YOUR ASSIGNMENT:
Repeat word for word every line from the one holding "run_events p [] = done (p, [])" to the end of the material below.

··········

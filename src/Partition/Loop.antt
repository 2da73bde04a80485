-- ===== src/Partition/Loop.antt =====
-- internal/state/partition.go: `Run`, the loop of a partition's goroutine, over the sequence of cases
-- that its `select` takes. Each round has its own clock and channels, and its output is what it sends.
use cue.Base.{List, [], ◌∷◌, Option, Run, done, ◌>>=◌, ℕ}
use cue.Model.{Command, Channel, ProxyHeartbeat, ToGatewayMessage, ToProxyMessage}
use cue.Partition.State.{
  Partition, Env, TopologyUpdate, handle_topology_update, handle_heartbeat, cleanup_proxy_map,
  broadcast_partition_heartbeat,
}
use cue.Partition.Commands.{Response, handle_command, flush_dlq_if_needed}
use cue.Partition.Dispatch.{Sent, dispatch}

-- The cases of the `select`, but for the stop channel.
pub data PartitionEvent : Type 0 where
  topology : TopologyUpdate → PartitionEvent
  heartbeat : ProxyHeartbeat → PartitionEvent
  command : Command → PartitionEvent
  cleanup_tick heartbeat_tick tick : PartitionEvent

pub data Output : Type 0 where
  silent : Output
  answered : Response → Output
  beat : ToGatewayMessage × List Channel → Output
  ticked : Sent → Option Command → Output

module _ (marshal : ToProxyMessage → Option (List ℕ)) where
  -- A case of the `select`.
  unfoldable pub run_event : Env → Partition → PartitionEvent → Run (Partition × Output)
  run_event env p (topology update) = done (handle_topology_update p update, silent)
  run_event env p (heartbeat hb) = handle_heartbeat p hb >>= λ p'. done (p', silent)
  run_event env p (command cmd) =
      handle_command env p cmd >>= λ (p', response). done (p', answered response)
  run_event env p cleanup_tick = cleanup_proxy_map p env >>= λ p'. done (p', silent)
  run_event env p heartbeat_tick = done (p, beat (broadcast_partition_heartbeat p env))
  run_event env p tick = dispatch marshal env p >>= λ (p', sent).
      flush_dlq_if_needed env p' >>= λ (p'', proposed). done (p'', ticked sent proposed)

  -- The rounds before a stop, with what they send.
  unfoldable pub run_events :
      Partition → List (Env × PartitionEvent) → Run (Partition × List Output)
  unfolding run_event
  run_events p [] = done (p, [])
  run_events p ((env, e) ∷ es) =
      run_event env p e >>= λ (p', out). run_events p' es >>= λ (p'', outs). done (p'', out ∷ outs)

  -- `Run`: the rounds, and the flush when it is stopped
  unfoldable pub run_partition :
      Partition
      → List (Env × PartitionEvent)
      → (last : Env) → Run (Partition × (List Output × Option Command))
  unfolding run_events
  run_partition p es last = run_events p es >>= λ (p', outs).
      flush_dlq_if_needed last p' >>= λ (p'', proposed). done (p'', (outs, proposed))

··········

REPLY TO THE EXERCISE:
  run_events p [] = done (p, [])
  run_events p ((env, e) ∷ es) =
      run_event env p e >>= λ (p', out). run_events p' es >>= λ (p'', outs). done (p'', out ∷ outs)

  -- `Run`: the rounds, and the flush when it is stopped
  unfoldable pub run_partition :
      Partition
      → List (Env × PartitionEvent)
      → (last : Env) → Run (Partition × (List Output × Option Command))
  unfolding run_events
  run_partition p es last = run_events p es >>= λ (p', outs).
      flush_dlq_if_needed last p' >>= λ (p'', proposed). done (p'', (outs, proposed))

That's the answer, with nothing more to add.